On Sun, 2014-05-25 at 11:24 +0200, Alessandro Vesely wrote:
> On Sun 25/May/2014 02:55:45 +0200 Sam Varshavchik wrote:
> > Lindsay Haisley writes:
> >> On Sat, 2014-05-24 at 09:00 -0400, Sam Varshavchik wrote:
> >>> [email protected] writes:
> >>>
> >>>> With the recent DMARC implementation from AOL and Yahoo I
> >>>> have a very broken mailing list.  Is there any way using MLM
> >>>> to rewrite the From: line to the list address and the
> >>>> Reply-To: line to the actual sender?
> >>>
> >>> Reply-Tos should go back to the mailing list, not the sender.
> >>
> >> This isn't an appropriate choice for most lists, which are
> >> configured for reply-to-sender.  Munging the Reply-To header for
> >> this purpose is a broken way of dealing with the problem.
> > 
> > I hear that often; but it does not add up for me. The whole purpose
> > of a discussion-oriented mailing list is to hold public discussions
> > on various topics; and I'd expect the replies to go back to the
> > list too.
> 
> Nowadays most client have a distinguished reply-to-list button.
> Reply-To could be left to authors for messages that are slightly
> off-topic, or cross-posted, so as to direct replies appropriately.

If a post's author publishes a Reply-To address on a list post then IMHO
it's the responsibility of the list to promulgate this address.  Munging
the Reply-To address to change it to the list's address destroys this
information which may, or may not be important.  And yes, most MUAs
these days can detect a list posting and offer the user appropriate
choices.  If Reply-To gets munged, then this choice is gone.

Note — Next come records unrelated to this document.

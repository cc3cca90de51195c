-- ===== src/Examples/Reads.antt =====
-- Concrete runs of the theorems on the tools that read, search and redact.
use outlook_agent.Prelude.{
  ℤ, pos, All, Any, Bool, Bool-cases, List, String, [], arith, err, false, if◌then◌else◌, inl, inr,
  none, ok, path→eq, refl, some, suc, take, true, ℕ, ◌++◌, ◌∷◌, ◌≡◌, ◌≢◌, ◌≤◌,
}
use outlook_agent.Prelude.Text.{contains, is_space, trim_left, trim_right, trim_space}
use outlook_agent.Table.{insert, lookup}
use outlook_agent.Value.{
  as_text, Value, array, cons, end, field, get_field, lookup_field, nil, object, text,
}
use outlook_agent.Redact
use outlook_agent.Redact.Sound.{IsClean, value-IsClean}
use outlook_agent.Catalogue.{graph_capabilities}
use outlook_agent.Catalogue.Classes.{tables}
use outlook_agent.Cursor
use outlook_agent.Confirm
use outlook_agent.Approval
use outlook_agent.Manifest
use outlook_agent.Approval.{dev}
use outlook_agent.Server.{ActionRequest, Runtime, State, Transport}
use outlook_agent.Server.Canonical.{non_empty_strings}
use outlook_agent.Server.Reads.{run_direct, transport_response_error}
use outlook_agent.Server.Search.{MailSearchOutput, mail_search_next, refused, search_scope}
use outlook_agent.Server.Search.Pages.{failed_page_keeps_cursor, page_uses_cursor}
use outlook_agent.Server.Bodies.{
  MailFetchBodiesOutput, add_item, body_item, fetch_bodies, fetch_each, fetch_ids, fetch_limit,
}
use outlook_agent.Server.Bodies.Counts.{IsLimit, IsTally, fetch_bodies-IsTally}
use outlook_agent.Server.Looks.{look, search_next}
use outlook_agent.Server.Looks.Safety.{IsHarmless, look_only_asks}

-- a mailbox that answers every request with one page, or fails every request
abbrev mailbox : Bool → Transport
mailbox up = record {
  World = ℕ;
  name = "graph";
  capabilities = graph_capabilities;
  authenticate = λ p n. (record { ok = true; principal = p; error = "" }, n);
  execute = λ q n. (
    record { ok = up; fields = some (field "body_text" (text "hello") end); error = "down" },
    suc n,
  );
  dry_run = λ q n. (
    record {
      action = q.name;
      count = 1;
      reversible = true;
      requires_confirmation = true;
      review = none;
      warnings = [];
      error = "";
    },
    n,
  );
}

abbrev server : Bool → Runtime
server up = record {
  client = mailbox up;
  profile = "work";
  policy = record { mode = dev; secret = ""; legacy_token = "" };
  hashing = record { marshal = λ b. some b.action; digest = λ s. s };
  crypto = record { mac = λ secret payload. secret; encode = λ s. s; format_time = λ t. "t" };
  payload_fingerprint = λ p. "p";
  review_fingerprint = λ p. "r";
  redact_text = λ s. s;
  to_int = λ s. s;
  expose_next_link = false;
  clock = λ n. n;
  random = λ n. some "lease";
}

abbrev page : Cursor.Record
page = record {
  binding = record {
    transport = "graph";
    profile = "work";
    action = "mail.search";
    mailbox = "";
    query = "q";
    query_hash = "h";
  };
  provider = "graph";
  next_link = "n";
  expires_at = 100;
}

abbrev one_page : (up : Bool) → State (server up)
one_page up = record {
  world = 0;
  confirms = Confirm.new_store;
  approvals = Approval.new_store;
  manifests = Manifest.new_store;
  cursors = record { records = ("k", page) ∷ []; leases = [] };
  audit = [];
  executed = [];
  direct = [];
  ticks = 0;
  draws = 0;
}

is_down : (mail_search_next (server false) "k" (one_page false)).0 ≡ err (refused "down")
unfolding mail_search_next run_direct Cursor.lease_scoped Cursor.has_active_lease lookup trim_space
    trim_left trim_right is_space transport_response_error Cursor.rollback_lease
is_down = refl

stored : lookup "k" (one_page false).cursors.records ≡ some page
unfolding lookup
stored = refl

failed_page_keeps_cursor_example :
    (Cursor.lease_scoped
      (some "b")
      (search_scope (server false))
      "k"
      30
      50
      (mail_search_next (server false) "k" (one_page false)).1.cursors).1
    ≡ Cursor.ok (record { cursor_id = "k"; lease_id = "b"; leased = page })
failed_page_keeps_cursor_example =
    failed_page_keeps_cursor (server false) "k" (one_page false) "down" page "b" 30 50 is_down
      stored (omega arith)

abbrev last_page : MailSearchOutput
last_page = record {
  messages = nil;
  returned = "0";
  limit = "0";
  truncated = false;
  next_cursor = "";
  next_link = "";
}

is_last : (mail_search_next (server true) "k" (one_page true)).0 ≡ ok last_page
unfolding mail_search_next run_direct Cursor.lease_scoped Cursor.has_active_lease lookup
    transport_response_error Cursor.commit_lease Redact.value insert as_text get_field lookup_field
is_last = refl

abbrev used_cursor : String
used_cursor = "k"

apart : used_cursor ≢ last_page.next_cursor
apart e = ground (arith, path→eq used_cursor last_page.next_cursor e)

page_uses_cursor_example :
    ((c : Cursor.Record) × (lookup "k" (one_page true).cursors.records ≡ some c))
    × (lookup "k" (mail_search_next (server true) "k" (one_page true)).1.cursors.records ≡ none)
page_uses_cursor_example =
    page_uses_cursor (server true) "k" (one_page true) last_page is_last apart

known : Any (λ t. (server true).client.capabilities ≡ t) tables
known = Any.here refl

look_only_asks_example :
    let t = look (server true) (search_next "k") (one_page true) in
    (t.executed ≡ [])
    × (t.audit ≡ [])
    × (t.confirms ≡ Confirm.new_store)
    × (t.approvals ≡ Approval.new_store)
    × ((asked : List ActionRequest) × (t.direct ≡ [] ++ asked)
        × All (IsHarmless (server true)) asked)
look_only_asks_example = look_only_asks (server true) known (search_next "k") (one_page true)

abbrev asked_for : ℤ
asked_for = pos 2

abbrev two_bodies : MailFetchBodiesOutput
two_bodies = record {
  attempted = 2;
  succeeded = 2;
  failed = 0;
  results =
      record { id = "a"; ok = true; body_text = "hello"; error = "" }
      ∷ record { id = "b"; ok = true; body_text = "hello"; error = "" }
      ∷ [];
}

abbrev ids : List String
ids = "a" ∷ " " ∷ " b" ∷ "c" ∷ []

are_fetched :
    (fetch_bodies (server true) ids asked_for "" "no ids" (one_page true)).0 ≡ ok two_bodies
unfolding fetch_bodies fetch_ids fetch_each fetch_limit non_empty_strings trim_space run_direct
    body_item add_item get_field lookup_field as_text
are_fetched = refl

fetch_bodies-IsTally_example :
    (limit : ℕ) × IsLimit (server true) asked_for limit
    × IsTally
        (server true)
        ""
        (take limit (non_empty_strings ids))
        (one_page true)
        (fetch_bodies (server true) ids asked_for "" "no ids" (one_page true)).1
        two_bodies
    × (two_bodies.attempted ≤ limit)
fetch_bodies-IsTally_example =
    fetch_bodies-IsTally (server true) ids asked_for "" "no ids" (one_page true) two_bodies
      are_fetched

-- a replacement that blanks every text that names a key
abbrev blank_key : String → String
blank_key s = if contains "key=" s then "" else s

abbrev HasNoKey : String → Type 0
HasNoKey s = contains "key=" s ≡ false

blank_key-HasNoKey : (s : String) → HasNoKey (blank_key s)
unfolding contains
blank_key-HasNoKey s = elim (Bool-cases (contains "key=" s)) [ inl e ↦ rw e refl | inr e ↦ rw e e ]

marker-HasNoKey : HasNoKey Redact.marker
unfolding contains
marker-HasNoKey = refl

abbrev message : Value
message = object (
    field "subject" (text "see key=1")
      (field "parts" (array (cons (object (field "Body" (text "hi") end)) nil)) end))

value-IsClean_example : IsClean HasNoKey (Redact.value blank_key message)
value-IsClean_example = value-IsClean HasNoKey blank_key blank_key-HasNoKey marker-HasNoKey message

> >>> In the .courier-list file you could put something that adds or
> >>> replaces the Reply-To: header. Then, use the headerdel and
> >>> headeradd configuration settings, as documented in the
> >>> couriermlm man page, to remove the existing From: header, and
> >>> replace it with a new one.
> >>>
> >>> But, after doing that, you'll probably discover that it doesn't
> >>> work, for some reason, or something else is broken.
> >>
> >> Sam, would you please disambiguate this.  What else would break?
> >> Why would it not work.
> > 
> > Anyone's guess. SPF and Dmarc are hacks. And I say that even though
> > I use SPF. I wouldn't be surprised to hear that someone's also
> > checking the Reply-To addresses, so those will bounce too.
> 
> That would be a really freaky behavior, inconsistent with both DMARC
> and SMTP.

And probably a violation of RFC 2822 and others as well.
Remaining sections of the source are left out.